There's a couple of things people who don't like it criticize. For one, the Christensen footage is from an early test for Revenge of the Sith, so he's just weirdly glowering at the camera because he wasn't thinking about this moment when it was filmed. That's also why it's just Hayden's head comped onto Sebastian Shaw's body.
Then there's obviously the question of ... why Hayden Christensen at all? The implication is that the "real" Anakin Skywalker died decades ago and was replaced by Darth Vader, which kind of runs counter to the idea that he was ultimately redeemed by his love for his son as presented in the original cut.

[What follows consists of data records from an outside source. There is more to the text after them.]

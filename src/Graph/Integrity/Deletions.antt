-- ===== src/Graph/Integrity/Deletions.antt =====
-- What `delete_nodes`, `delete_edge` and `delete_edges` do to an intact storage.
use community_overview.Base.{
  ◌≤◌, String, ◌≡◌, refl, Bool, true, false, ◌&&◌, Bool-cases, Option, none, inl, inr, List, [],
  ◌∷◌, arith, string_eq, nat_eq, contains, ltb, length, if◌then◌else◌,
}
use community_overview.Base.Dict
use community_overview.Base.Dict.{Dict}
use community_overview.Base.Dict.Bulk.{holds, unless}
use community_overview.Event.Models.{EventContext}
use community_overview.Graph.Models.{Node, Edge}
use community_overview.Graph.Multigraph.{MultiDiGraph, IsLawful}
use community_overview.Graph.Storage.{GraphStorage, Emission, Env, has_key, get_edge, save, emit}
use community_overview.Graph.Deletion.{
  deleted, DeleteNodesResult, Progress, finished, begin, emit_edge_delete, emit_edge_deletes,
  emit_node_deletes, after_loop, delete_nodes,
}
use community_overview.Graph.Integrity.{Intact}
use community_overview.Graph.Integrity.Clearing.{touches_any, delete_loop-IsCleared}

module _ {G : MultiDiGraph} where
  -- Emissions change nothing else.
  pub emit_edge_deletes-same :
      (env : Env) (ctx : Option EventContext) (d : Dict String Edge) (st : GraphStorage G)
      → (es : List Emission) × (emit_edge_deletes env ctx d st ≡ record st { emitted = es })
  unfolding emit_edge_deletes emit_edge_delete emit
  emit_edge_deletes-same env ctx [] st = (st.emitted, refl)
  emit_edge_deletes-same env ctx ((k, e) ∷ d) st =
      emit_edge_deletes-same env ctx d (emit_edge_delete env ctx k e st)

  pub emit_node_deletes-same :
      (ctx : Option EventContext) (d : Dict String Node) (st : GraphStorage G)
      → (es : List Emission) × (emit_node_deletes ctx d st ≡ record st { emitted = es })
  unfolding emit_node_deletes emit
  emit_node_deletes-same ctx [] st = (st.emitted, refl)
  emit_node_deletes-same ctx ((k, n) ∷ d) st = emit_node_deletes-same ctx d (emit _ st)

  -- A whole deletion, when the vector store does its part.
  after_loop-finished :
      (env : Env) (ctx : Option EventContext) (p : Progress G)
      → env.embeddings_removed ≡ true
      → (es : List Emission) × (after_loop env ctx (finished p) ≡ (
        record {
          deleted_node_ids = p.deleted_node_ids;
          affected_edge_ids = p.affected_edge_ids;
          success = true;
          message = deleted;
        },
        record (save p.storage) { emitted = es },
      ))
  unfolding after_loop
  after_loop-finished env ctx p ok =
      let (es, e) = emit_edge_deletes-same env ctx p.edge_states (save p.storage) in
      let (es', e') =
        emit_node_deletes-same ctx p.node_states (record (save p.storage) { emitted = es }) in
      (es', simp (after_loop, ok, e, e'))

  -- What a deletion of nodes answers and leaves.
  pub record IsDeletion (ids : List String) (st : GraphStorage G) (r : DeleteNodesResult)
      (st' : GraphStorage G) : Type 0 where
    pub success : r.success ≡ true
    pub nodes :
        (n : String) → Dict.get n st'.nodes ≡ (if contains ids n then none else Dict.get n st.nodes)
    pub edges : (k : String) → get_edge k st' ≡ unless (touches_any ids) (get_edge k st)
    pub deleted_node_ids :
        (n : String) → contains r.deleted_node_ids n ≡ (contains ids n && has_key n st.nodes)
    pub affected_edge_ids :
        (k : String) → contains r.affected_edge_ids k ≡ holds (touches_any ids) (get_edge k st)

  module _ (L : IsLawful G) where
    -- On an intact storage a confirmed deletion of at most ten ids succeeds when the vector
    -- store does its part: the nodes under these ids are gone, an edge is gone exactly if one
    -- of its ends is among the ids, everything else stands as before, and the answer names
    -- exactly the nodes and the edges that are gone.
    pub delete_nodes-IsDeletion :
        (env : Env) (ids : List String) (ctx : Option EventContext) (st : GraphStorage G)
        → Intact st
        → length ids ≤ 10
        → env.embeddings_removed ≡ true
        → IsDeletion ids st
            (delete_nodes env ids true ctx st).0
            (delete_nodes env ids true ctx st).1
    unfolding delete_nodes save get_edge
    delete_nodes-IsDeletion env ids ctx st I few ok =
        let (q, run, c) = delete_loop-IsCleared L ids (begin st) I in
        let (es, e) = after_loop-finished env ctx q ok in
        let small : ltb 10 (length ids) ≡ false = ground (arith, few) in
        rw (delete_nodes, small, run, e)
          (record {
            success = refl;
            nodes = c.nodes;
            edges = c.edges;
            deleted_node_ids = c.deleted;
            affected_edge_ids = c.affected;
          })

    pub delete_nodes-Intact :
        (env : Env) (ids : List String) (confirmed : Bool) (ctx : Option EventContext)
        (st : GraphStorage G)
        → Intact st
        → Intact (delete_nodes env ids confirmed ctx st).1
    unfolding delete_nodes after_loop save
    delete_nodes-Intact env ids confirmed ctx st I =
        let (q, run, c) = delete_loop-IsCleared L ids (begin st) I in
        elim (Bool-cases (ltb 10 (length ids))) [
          | inl z ↦ rw (delete_nodes, z) I
          | inr z ↦ elim (Bool-cases confirmed) [
            | inr y ↦ rw (delete_nodes, z, y) I
            | inl y ↦ elim (Bool-cases env.embeddings_removed) [
              | inr x ↦ rw (delete_nodes, z, y, run, after_loop, x) c.intact
              | inl x ↦
                  let (es, e) = after_loop-finished env ctx q x in
                  rw (delete_nodes, z, y, run, e) c.intact
            ]
          ]
        ]
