-- ===== src/Graph/Integrity/EdgeDeletions.antt =====
-- What `delete_edge` and `delete_edges` do to an intact storage.
use community_overview.Base.{
  String, ◌≡◌, refl, Bool, true, false, ◌&&◌, ◌||◌, Option, none, some, Option-cases, inl, inr,
  List, [], ◌∷◌, ◌++◌, arith, ◌==◌, string_eq, nat_eq, contains, if◌then◌else◌,
}
use community_overview.Base.Dict
use community_overview.Base.Dict.{Dict, get-remove}
use community_overview.Event.Models.{EventContext}
use community_overview.Graph.Models.{Edge}
use community_overview.Graph.Multigraph.{MultiDiGraph, IsLawful}
use community_overview.Graph.Storage.{GraphStorage, Env, get_edge, save, emit}
use community_overview.Graph.Deletion.{
  emit_edge_delete, forget_edge, delete_edge, forget_edges, delete_edges,
}
use community_overview.Graph.Integrity.{Intact}
use community_overview.Graph.Integrity.Parts.{drop_edge, remove_edge_ok}
use community_overview.Graph.Integrity.Deletions.{emit_edge_deletes-same}

abbrev is_some : Option Edge → Bool
is_some none = false
is_some (some e) = true

keys-append :
    (found : List (String × Edge)) (k : String) (e : Edge) (j : String)
    → contains (Dict.keys (found ++ ((k, e) ∷ []))) j ≡ (contains (Dict.keys found) j || j == k)
keys-append [] k e j = ground arith
keys-append ((i, d) ∷ found) k e j = ground (arith, keys-append found k e j)

module _ {G : MultiDiGraph} where
  get_edge-forget_edge :
      (j k : String) (e : Edge) (st : GraphStorage G)
      → get_edge j (forget_edge k e st) ≡ (if j == k then none else get_edge j st)
  unfolding get_edge forget_edge
  get_edge-forget_edge j k e st = ground (arith, get-remove j k st.edges)

  -- What the loop finds and leaves.
  pub record IsForgotten (ks : List String) (found : List (String × Edge)) (st : GraphStorage G)
      (out : List String) (st' : GraphStorage G) : Type 0 where
    pub nodes : st'.nodes ≡ st.nodes
    pub edges : (k : String) → get_edge k st' ≡ (if contains ks k then none else get_edge k st)
    pub ids :
        (k : String)
        → contains out k
          ≡ (contains (Dict.keys found) k || (contains ks k && is_some (get_edge k st)))

  module _ (L : IsLawful G) where
    forget_edge-Intact :
        (k : String) (e : Edge) (st : GraphStorage G)
        → Intact st
        → get_edge k st ≡ some e
        → Intact (forget_edge k e st)
    unfolding get_edge forget_edge
    forget_edge-Intact k e st I at = elim (Option-cases (Dict.get k st.edges)) [
      | inl z ↦ ground (arith, at, z)
      | inr (r, z) ↦
          let found : Dict.get r st.objects ≡ some e = ground (arith, at, z) in
          let (g, cut) =
            remove_edge_ok L st.nodes st.edges st.objects st.next st.graph I k e r z found in
          rw (forget_edge, cut)
            (drop_edge L st.nodes st.edges st.objects st.next st.graph I k e r g z found cut)
    ]

    forget_edges-lem :
        (ks : List String) (found : List (String × Edge)) (st : GraphStorage G)
        → Intact st
        → Intact (forget_edges ks found st).1
          × IsForgotten ks found st
              (Dict.keys (forget_edges ks found st).0)
              (forget_edges ks found st).1
    unfolding forget_edges forget_edge
    forget_edges-lem [] found st I =
        (I, record { nodes = refl; edges = λ k. refl; ids = λ k. ground arith })
    forget_edges-lem (k ∷ ks) found st I = elim (Option-cases (get_edge k st)) [
      | inl z ↦
          let (J, f) = forget_edges-lem ks found st I in
          rw (forget_edges, z)
            (
              J,
              record {
                nodes = f.nodes;
                edges = λ j. ground (arith, f.edges j, z);
                ids = λ j. ground (arith, f.ids j, z);
              },
            )
      | inr (e, z) ↦
          let (J, f) =
            forget_edges-lem ks (found ++ ((k, e) ∷ [])) (forget_edge k e st)
              (forget_edge-Intact k e st I z) in
          rw (forget_edges, z)
            (
              J,
              record {
                nodes = f.nodes;
                edges = λ j. ground (arith, f.edges j, get_edge-forget_edge j k e st);
                ids = λ j.
                    ground
                      (arith, f.ids j, z, get_edge-forget_edge j k e st, keys-append found k e j);
              },
            )
    ]

    -- On an intact storage `delete_edges` takes away exactly the edges under the given ids,
    -- leaves the nodes and the other edges as they are, and answers exactly the ids that stood
    -- for an edge.
    pub delete_edges-IsForgotten :
        (env : Env) (ids : List String) (ctx : Option EventContext) (st : GraphStorage G)
        → Intact st
        → IsForgotten ids [] st (delete_edges env ids ctx st).0 (delete_edges env ids ctx st).1
    unfolding delete_edges save get_edge
    delete_edges-IsForgotten env ids ctx st I =
        let (J, f) = forget_edges-lem ids [] st I in
        let (es, e) =
          emit_edge_deletes-same env ctx (forget_edges ids [] st).0
            (save (forget_edges ids [] st).1) in
        simp (e) (record { nodes = f.nodes; edges = f.edges; ids = f.ids })

    pub delete_edges-Intact :
        (env : Env) (ids : List String) (ctx : Option EventContext) (st : GraphStorage G)
        → Intact st
        → Intact (delete_edges env ids ctx st).1
    unfolding delete_edges save
    delete_edges-Intact env ids ctx st I =
        let (J, f) = forget_edges-lem ids [] st I in
        let (es, e) =
          emit_edge_deletes-same env ctx (forget_edges ids [] st).0
            (save (forget_edges ids [] st).1) in
        simp (e) J

    pub delete_edge-Intact :
        (env : Env) (k : String) (ctx : Option EventContext) (st : GraphStorage G)
        → Intact st
        → Intact (delete_edge env k ctx st).1
    unfolding delete_edge emit_edge_delete emit save
    delete_edge-Intact env k ctx st I = elim (Option-cases (get_edge k st)) [
      | inl z ↦ rw (delete_edge, z) I
      | inr (e, z) ↦ rw (delete_edge, z) (forget_edge-Intact k e st I z)
    ]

Then you've got the fact that it kind of makes the original trilogy nonsensical in standalone. If you come to Star Wars and watch 4-5-6 first, there's some random guy you don't know at the end. It forces you to watch at least 1-2 and probably 3 first, or do something wacky like the Machete order (4-5-2-3-6), just so that the ending makes sense.
If you haven't figured it out yet, I don't like it myself. But I don't care because I've got the Despecialized editions, so Maclunkey it up.
The 4K trilogy (4K77, 4K80 and 4K83) are original theatrical film scans by enthusiasts. Where Despecialized manually recreated the originals by using multiple sources to restore changed scenes, the scans are just that. The results are ultimately very similar.
The main advantage to Despecialized is that it uses the official 4K Blu-Rays as its source for anything that doesn't need restoring, so it's mostly a professional quality transfer, while the 4K trilogy were scanned and cleaned up by fans. The main disadvantage is obviously that Despecialized is not a "real" theatrical cut while 4K is.
Either will probably satisfy somebody who wants to watch the unmodified orig trig.